Die Worte der Base, das fortklingende Geläute erweckten Erinnerung auf Erinnerung aus meiner glücklichen Kindheit. Das Weihnachtsfest ward von jeher mit besonderer Liebe im Schulhaus gefeiert; die Pathenleute verstanden es, diesen Tagen eine eigene, schöne Weihe zu geben. Das hatte sich tief in meine Seele gesenkt, und all' die schönen, schönen vergangenen Festtage machten mich in der Erinnerung unbeschreiblich glücklich.
Aber nun war es Zeit zum Aufstehen. Rasch fuhr ich in die Kleider und eilte frierend hinab in die Wohnstube.
22 Der Vetter war schon auf, saß im Lehnstuhl und lauschte dem Geläute, das in vollen Wellen durch ein halboffenes Fenster hereinflutete. Nach und nach rückten auch die Choradstanten ein. War es, weil der Vetter so ernst drein sah, oder waren sie selber ernst gestimmt – sie setzten sich stille nieder, nur über die grimmige Kälte klagten Alle.
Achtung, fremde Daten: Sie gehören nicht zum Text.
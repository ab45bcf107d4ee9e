-- ===== src/Bgp/Communities/Read.antt =====
-- `nextcommunity_r` returns the communities that an attribute holds.
use isocore.Base.{
  ℕ, zero, suc, ◌+◌, ◌-◌, ◌%◌, ◌^◌, ◌≤◌, ◌<◌, ◌≡◌, refl, sym, ap, ◌∙◌, arith, true, false, ltb,
  ◌==◌, if◌then◌else◌, List, [], ◌∷◌, ◌++◌, Option, none, some, length, drop, length-take,
  length-drop,
}
use isocore.Base.Bytes.{read_bytes, from_big-big32, big32}
use isocore.Base.Window.{window_fits, read-window, window-advance}
use isocore.Bgp.{
  Msg, enoerr, M, ◌>>=◌, return, access, step, bind_option, check_flags_ok, if_true, if_false,
  access-some,
}
use isocore.Bgp.Communities.{
  Community, comm, excomm, lcomm, take_community, nextcommunity_r, decode_comm, decode_lcomm,
  community_code, extended_community_code, large_community_code,
}
use isocore.Bgp.Inverse.Read.{Inside, remaining}

-- The wire form of a community.
abbrev pub encode_community : Community → List ℕ
encode_community (comm v) = big32 v
encode_community (excomm bs) = bs
encode_community (lcomm a b c) = big32 a ++ (big32 b ++ big32 c)

-- A community of the kind of an attribute, with numbers that fit.
abbrev pub IsOfKind : ℕ → Community → Type 0
IsOfKind code (comm v) = (code ≡ community_code) × (v < 4294967296)
IsOfKind code (excomm bs) = (code ≡ extended_community_code) × (length bs ≡ 8)
IsOfKind code (lcomm a b c) =
    (code ≡ large_community_code) × (a < 4294967296) × (b < 4294967296) × (c < 4294967296)

-- The communities of an attribute are being read.
pub record Iterating (code : ℕ) (m : Msg) : Type 0 where
  pub inside : Inside m
  pub small : m.uend < 2 ^ 64
  pub community : m.flags.community ≡ true
  pub kind : m.ccode ≡ code
  pub ok : m.err ≡ enoerr

module _ (m : Msg) (code : ℕ) (h : Iterating code m) (bs rest : List ℕ)
    (front : remaining m ≡ bs ++ rest) where
  abbrev after : Msg
  after = record m { uptr = m.uptr + length bs }

  fits : m.uptr + length bs ≤ m.uend
  fits = window_fits m.buf m.uptr m.uend bs rest h.inside.in_buf h.inside.order front

  after-Iterating : Iterating code after
  after-Iterating = record {
    inside = record { here = h.inside.here; order = fits; in_buf = h.inside.in_buf };
    small = h.small;
    community = h.community;
    kind = h.kind;
    ok = h.ok;
  }

  left : remaining after ≡ rest
  left = window-advance m.buf m.uptr m.uend bs rest h.inside.in_buf h.inside.order front

  take_community_lem :
      (decode : List ℕ → Community)
      → take_community (length bs) decode m ≡ some (some (decode bs), after)
  unfolding take_community bind_option
  take_community_lem decode =
      if_false (ltb ((m.uend + 2 ^ 64 - m.uptr) % 2 ^ 64) (length bs)) _ _ m
        (ground (arith, fits, h.small))
        (step _
          (access-some (λ m'. read_bytes m'.buf m.uptr (length bs)) m
            (read-window m.buf m.uptr m.uend bs rest h.inside.in_buf h.inside.order front))
          refl)

  chosen :
      {r : Option (Option Community × Msg)}
      → 0 < length bs
      → (if m.ccode == community_code
            then take_community 4 decode_comm
            else (if m.ccode == extended_community_code
                then take_community 8 excomm
                else (if m.ccode == large_community_code
                    then take_community 12 decode_lcomm
                    else access (λ _. none))))
          m
        ≡ r
      → nextcommunity_r m ≡ r
  unfolding nextcommunity_r bind_option
  chosen some_bytes e =
      check_flags_ok _ _ _ m h.community h.ok
        (if_false (m.uptr == m.uend) _ _ m (ground (arith, fits)) e)

is : (a b : ℕ) → a ≡ b → (a == b) ≡ true
is a b e = ground arith

is_not : (a b c : ℕ) → a ≡ b → (b == c) ≡ false → (a == c) ≡ false
is_not a b c e n = rw e n

same_lcomm : {a a' b b' c c' : ℕ} → a ≡ a' → b ≡ b' → c ≡ c' → lcomm a b c ≡ lcomm a' b' c'
same_lcomm e f g = cc

nextcommunity_r_more :
    (c : Community) (code : ℕ) (m : Msg) (rest : List ℕ)
    → Iterating code m
    → IsOfKind code c
    → remaining m ≡ encode_community c ++ rest
    → (m' : Msg) × (nextcommunity_r m ≡ some (some c, m'))
      × Iterating code m'
      × (remaining m' ≡ rest)
nextcommunity_r_more (comm v) code m rest h (k, lt) front =
    let bs = big32 v in
    (
      after m code h bs rest front,
      chosen m code h bs rest front (omega arith) (
            if_true (m.ccode == 8) _ _ m (is _ _ (h.kind ∙ k))
              (take_community_lem m code h bs rest front decode_comm))
          ∙ ap (λ n. some (some (comm n), after m code h bs rest front)) (from_big-big32 v lt),
      after-Iterating m code h bs rest front,
      left m code h bs rest front,
    )
nextcommunity_r_more (excomm bs) code m rest h (k, eight) front = (
  after m code h bs rest front,
  chosen m code h bs rest front (omega arith) (
      if_false (m.ccode == 8) _ _ m (is_not _ _ _ (h.kind ∙ k) refl) (
        if_true (m.ccode == 16) _ _ m (is _ _ (h.kind ∙ k)) (
          ap (λ k. take_community k excomm m) (sym eight)
          ∙ take_community_lem m code h bs rest front excomm))),
  after-Iterating m code h bs rest front,
  left m code h bs rest front,
)
nextcommunity_r_more (lcomm a b c) code m rest h (k, la, lb, lc) front =
    let bs = big32 a ++ (big32 b ++ big32 c) in
    (
      after m code h bs rest front,
      chosen m code h bs rest front (omega arith) (
            if_false (m.ccode == 8) _ _ m (is_not _ _ _ (h.kind ∙ k) refl) (
              if_false (m.ccode == 16) _ _ m (is_not _ _ _ (h.kind ∙ k) refl) (
                if_true (m.ccode == 32) _ _ m (is _ _ (h.kind ∙ k))
                  (take_community_lem m code h bs rest front decode_lcomm))))
          ∙ ap (λ x. some (some x, after m code h bs rest front))
              (same_lcomm (from_big-big32 a la) (from_big-big32 b lb) (from_big-big32 c lc)),
      after-Iterating m code h bs rest front,
      left m code h bs rest front,
    )

nextcommunity_r_end :
    (code : ℕ) (m : Msg) → Iterating code m → remaining m ≡ [] → nextcommunity_r m ≡ some (none, m)
unfolding nextcommunity_r bind_option
nextcommunity_r_end code m h e =
    check_flags_ok _ _ _ m h.community h.ok (if_true (m.uptr == m.uend) _ _ m at_end refl)
  where
    at_end : (m.uptr == m.uend) ≡ true
    at_end = ground (
      arith,
      ap length e,
      length-take (m.uend - m.uptr) (drop m.uptr m.buf),
      length-drop m.uptr m.buf,
      h.inside.order,
      h.inside.in_buf,
    )

-- `nextcommunity_r` until it returns NULL, `n` calls at most.
abbrev pub next_communities : ℕ → M (List Community)
next_communities zero = access (λ _. none)
next_communities (suc n) = do
  c ← nextcommunity_r
  elim c [ none ↦ return [] | some c ↦ do cs ← next_communities n; return (c ∷ cs) ]

abbrev pub encode_communities : List Community → List ℕ
encode_communities [] = []
encode_communities (c ∷ cs) = encode_community c ++ encode_communities cs

abbrev pub AllOfKind : ℕ → List Community → Type 0
AllOfKind code [] = Unit
AllOfKind code (c ∷ cs) = IsOfKind code c × AllOfKind code cs

-- On a message without an error whose communities are being iterated, where the iterator stands
-- before the encodings of communities of the attribute's kind, in a packet of less than 2^64 bytes,
-- `nextcommunity_r` returns those communities in order, and then NULL.
pub next_communities_lem :
    (code : ℕ) (cs : List Community) (m : Msg)
    → AllOfKind code cs
    → Iterating code m
    → remaining m ≡ encode_communities cs
    → (m' : Msg) × (next_communities (suc (length cs)) m ≡ some (cs, m')) × (remaining m' ≡ [])
unfolding bind_option
next_communities_lem code [] m all h e = (m, step _ (nextcommunity_r_end code m h e) refl, e)
next_communities_lem code (c ∷ cs) m (k, all) h e =
    let (m1, e1, h1, left1) = nextcommunity_r_more c code m (encode_communities cs) h k e in
    let (m2, e2, left2) = next_communities_lem code cs m1 all h1 left1 in
    (m2, step _ e1 (step _ e2 refl), left2)
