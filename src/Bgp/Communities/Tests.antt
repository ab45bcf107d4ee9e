-- ===== src/Bgp/Communities/Tests.antt =====
-- A run of the iteration over communities.
use isocore.Base.{◌≡◌, refl, arith, true, false, List, [], ◌∷◌, none, some, replicate}
use isocore.NetAddr.{inet}
use isocore.Bgp.{no_path, Msg, no_flags, enoerr, in_nhbuf}
use isocore.Bgp.Communities.{Community, comm, community_code}
use isocore.Bgp.Communities.Read.{Iterating, next_communities, next_communities_lem}
use isocore.Bgp.Inverse.Read.{remaining}

-- Two communities, 65001:1 and 65001:2.
abbrev two : List Community
two = comm 4259905537 ∷ comm 4259905538 ∷ []

abbrev reading : Msg
reading = record {
  flags = record no_flags { rd = true; community = true };
  err = enoerr;
  buf = 253 ∷ 233 ∷ 0 ∷ 1 ∷ 253 ∷ 233 ∷ 0 ∷ 2 ∷ [];
  fast = false;
  spare = [];
  pktlen = 8;
  bufsiz = 8;
  params = 0;
  pptr = 0;
  ustart = 0;
  uptr = 0;
  uend = 8;
  moved = false;
  pfxbuf = record {
    pfx = record { family = inet; bitlen = 0; bytes = replicate 16 0 };
    pathid = 0;
  };
  presbuf = [];
  offtab = replicate 16 0;
  ccode = community_code;
  nh = in_nhbuf [];
  mpnh = none;
  mpfamily = inet;
  mpbitlen = 0;
  path = no_path;
}

reading-Iterating : Iterating community_code reading
reading-Iterating = record {
  inside = record { here = refl; order = omega arith; in_buf = omega arith };
  small = omega arith;
  community = refl;
  kind = refl;
  ok = refl;
}

next_communities_lem_example :
    (m' : Msg) × (next_communities 3 reading ≡ some (two, m')) × (remaining m' ≡ [])
next_communities_lem_example =
    next_communities_lem community_code two reading ((refl, omega arith), ((refl, omega arith), tt))
      reading-Iterating refl
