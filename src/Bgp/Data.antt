-- ===== src/Bgp/Data.antt =====
-- The contents of a packet as a whole, and the queries on a message (src/bgp.c).
use isocore.Base.{ℕ, ◌+◌, ◌%◌, Bool, if◌then◌else◌, List, Option, none, some, length}
use isocore.Bgp.{
  Msg, Err, Alloc, M, ◌>>◌, gets, modify, check_flags, length_offset, base_packet_length,
}
use isocore.Bgp.Fields.{load16, store}
use isocore.Bgp.Pending.{endpending}
use isocore.Bgp.Packet.{bgpensure}

-- `getbgpdata_r`: the buffer and the length in its header, whatever error is latched.
unfoldable pub getbgpdata_r : M (Option (List ℕ × ℕ))
getbgpdata_r m =
    if m.flags.rd
    then (elim (load16 length_offset m) [ none ↦ none | some n ↦ some (some (m.buf, n), m) ])
    else some (none, m)

-- `setbgpdata_r`; what `bgpensure` returns is not looked at.
unfoldable pub setbgpdata_r : Alloc → List ℕ → M Err
setbgpdata_r alloc bytes =
    check_flags (λ f. f.wr) (λ e. e)
      do
        endpending
        bgpensure alloc (length bytes + base_packet_length)
        store base_packet_length bytes
        modify (λ m. record m { pktlen = (base_packet_length + length bytes) % 65536 })
        gets (λ m. m.err)

-- `isbgpasn32bit_r`, `isbgpaddpath_r` and `bgperror_r`
abbrev pub isbgpasn32bit_r : Msg → Bool
isbgpasn32bit_r m = m.flags.asn32bit

abbrev pub isbgpaddpath_r : Msg → Bool
isbgpaddpath_r m = m.flags.addpath

abbrev pub bgperror_r : Msg → Err
bgperror_r m = m.err
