-- ===== src/Bgp/Getters.antt =====
-- The attributes of an update message by their codes (src/bgp.c). Those of AS paths and communities
-- stand with their iterations.
use isocore.Base.{ℕ, Option}
use isocore.Bgp.{Alloc, M}
use isocore.Bgp.Attribs.{seekbgpattr}

-- `getbgporigin_r`
abbrev pub getbgporigin_r : Alloc → M (Option ℕ)
getbgporigin_r alloc = seekbgpattr alloc 1

-- `getbgpnexthop_r`
abbrev pub getbgpnexthop_r : Alloc → M (Option ℕ)
getbgpnexthop_r alloc = seekbgpattr alloc 3

-- `getbgpatomicaggregate_r`
abbrev pub getbgpatomicaggregate_r : Alloc → M (Option ℕ)
getbgpatomicaggregate_r alloc = seekbgpattr alloc 6

-- `getbgpmpreach_r`
abbrev pub getbgpmpreach_r : Alloc → M (Option ℕ)
getbgpmpreach_r alloc = seekbgpattr alloc 14

-- `getbgpmpunreach_r`
abbrev pub getbgpmpunreach_r : Alloc → M (Option ℕ)
getbgpmpunreach_r alloc = seekbgpattr alloc 15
Besorgt verpackte mich die Base in Mantel und dicke Tücher, dann ging es mit zahlreichen Laternen hinaus in die Nacht; ein eisiger Morgenwind pfiff durch die öden Gassen, in allen Häusern ward jetzt Licht.
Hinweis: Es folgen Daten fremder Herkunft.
-- ===== src/Bgp/Grow.antt =====
-- `bgpensure`, and what appending to a packet does once it has grown.
use isocore.Base.{
  ℕ, ◌+◌, ◌≤◌, ◌<◌, ◌≡◌, refl, ◌∙◌, arith, Bool, true, false, List, ◌++◌, none, some, length, take,
  drop, min, length-append, length-take, length-drop, Bool-cases, ◌⊎◌, inl, inr, leb, leb→le,
  lt→ltb, if◌then◌else◌,
}
use isocore.Base.Bytes.{read_bytes, write_bytes, take-take, take-append_le}
use isocore.Bgp.{Msg, Alloc, step, bind_option}
use isocore.Bgp.Pending.{uptr_of}
use isocore.Bgp.Packet.{bgpensure}
use isocore.Bgp.Put.{append_bytes}

-- The allocator returns blocks of the size asked for.
abbrev pub Allocates : Alloc → Type 0
Allocates alloc = (n : ℕ) → (block : List ℕ) × (alloc n ≡ some block) × (length block ≡ n)

-- The buffer is what `bufsiz` says, and holds the packet.
pub record Sized (m : Msg) : Type 0 where
  pub capacity : m.bufsiz ≡ length m.buf
  pub fits : m.pktlen ≤ length m.buf

le_lt_dec : (a b : ℕ) → (a ≤ b) ⊎ (b < a)
le_lt_dec a b = elim (Bool-cases (leb a b)) [
  | inl h ↦ inl (leb→le a b h)
  | inr h ↦ inr (ground arith)
]

-- The number of bytes that `bgpensure` copies, and the size that it asks for.
abbrev kept_bytes : ℕ → Msg → ℕ
kept_bytes size m = if m.fast then m.pktlen else min (length m.buf) size

kept_bounds :
    (b : Bool) (n k size : ℕ)
    → n ≤ k
    → n ≤ size
    → let c = if b then n else min k size in (n ≤ c) × (c ≤ k) × (c ≤ size)
kept_bounds true n k size h h' = (omega arith, h, h')
kept_bounds false n k size h h' = (omega arith, omega arith, omega arith)

module _ (alloc : Alloc) (len : ℕ) (m : Msg) (gives : Allocates alloc) (s : Sized m)
    (small : len + m.pktlen ≤ 65535) where
  abbrev size : ℕ
  size = min (len + m.pktlen + 256) 65535

  abbrev block : List ℕ
  block = (gives size).0

  abbrev old : List ℕ
  old = take (kept_bytes size m) m.buf

  abbrev grown : Msg
  grown = record m {
    buf = old ++ drop (length old) block;
    fast = false;
    spare = if m.fast then m.buf else m.spare;
    bufsiz = size;
    moved = true;
  }

  abbrev bounds :
      (m.pktlen ≤ kept_bytes size m)
      × (kept_bytes size m ≤ length m.buf)
      × (kept_bytes size m ≤ size)
  bounds = kept_bounds m.fast m.pktlen (length m.buf) size s.fits (omega arith)

  length-old : length old ≡ kept_bytes size m
  length-old = omega (arith, length-take (kept_bytes size m) m.buf, bounds)

  read_old : read_bytes m.buf 0 (kept_bytes size m) ≡ some old
  unfolding read_bytes
  read_old = ground (arith, bounds)

  write_old : write_bytes block 0 old ≡ some (old ++ drop (length old) block)
  unfolding write_bytes
  write_old = ground (arith, bounds, length-old, (gives size).2)

  bgpensure-grown : m.bufsiz < len + m.pktlen → bgpensure alloc len m ≡ some (true, grown)
  unfolding bgpensure
  bgpensure-grown h =
      rw (lt→ltb m.bufsiz (len + m.pktlen) h, (gives size).1, read_old, write_old) refl

  bgpensure_same : len + m.pktlen ≤ m.bufsiz → bgpensure alloc len m ≡ some (true, m)
  unfolding bgpensure
  bgpensure_same h = ground arith

  grown-Sized : Sized grown
  grown-Sized = record {
    capacity = omega (
      arith,
      length-append old (drop (length old) block),
      length-drop (length old) block,
      length-old,
      bounds,
      (gives size).2,
    );
    fits = omega (arith, length-append old (drop (length old) block), length-old, bounds);
  }

  grown_content : take m.pktlen grown.buf ≡ take m.pktlen m.buf
  grown_content =
      take-append_le m.pktlen old (drop (length old) block) (omega (arith, length-old, bounds))
      ∙ take-take m.pktlen (kept_bytes size m) m.buf (omega (arith, bounds))

  -- While the packet stays within 65535 bytes, the buffer has the size that `bufsiz` says and the
  -- allocator returns blocks of the size asked for, `bgpensure` returns true
  -- and leaves room for the bytes asked for, with the packet unchanged, its length included.
  pub bgpensure_lem :
      (m' : Msg) × (bgpensure alloc len m ≡ some (true, m'))
      × Sized m'
      × (len + m.pktlen ≤ m'.bufsiz)
      × (m'.pktlen ≡ m.pktlen)
      × (take m.pktlen m'.buf ≡ take m.pktlen m.buf)
      × (m'.err ≡ m.err)
  bgpensure_lem = elim (le_lt_dec (len + m.pktlen) m.bufsiz) [
    | inl h ↦ (m, bgpensure_same h, s, h, refl, refl, refl)
    | inr h ↦ (grown, bgpensure-grown h, grown-Sized, omega arith, refl, grown_content, refl)
  ]

-- `bgpensure` does not move `uptr` with the buffer: where the bytes do not fit the buffer but the
-- packet stays within 65535 bytes, and the allocator returns blocks of the size asked for, appending
-- them writes through a pointer into the buffer left behind.
pub append_bytes-stale :
    (alloc : Alloc) (bs : List ℕ) (m : Msg)
    → Allocates alloc
    → Sized m
    → length bs + m.pktlen ≤ 65535
    → m.bufsiz < length bs + m.pktlen
    → append_bytes alloc bs m ≡ none
unfolding append_bytes bind_option uptr_of
append_bytes-stale alloc bs m gives s small h =
    step _ (bgpensure-grown alloc (length bs) m gives s small h) refl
Fast eine halbe Stunde hatten die Glocken geklungen; als wir den Thurm betraten, verstummten sie. Ueber halsbrechende Leitern, wacklige Treppen, bei fast greifbarer Finsterniß stiegen wir in dem alten Gemäuer zum Glockenstuhl empor; trotzdem wir oben im scharfen Luftzug zusammenschauerten, verlohnte es sich der Mühe heraufzuklettern. Durch die hohen Bogenfenster strahlten die Sterne hell herein, aus den Häusern zu unsern Füßen funkelten und glänzten die Christbäume herauf, von nahen und fernen Dörfern blitzten die Lichter wie rothe Sterne durch die Nacht und der Wind trug leise Glockenklänge aus den Nachbarorten herüber. Auf der dunkeln, einsamen Höhe waren wir nicht allein; ringsum, so weit der Blick trug, in der Nähe und Ferne begegneten wir Herzen, die von den gleichen Gefühlen bewegt waren als wir selbst! O heilige, weihevolle Nacht!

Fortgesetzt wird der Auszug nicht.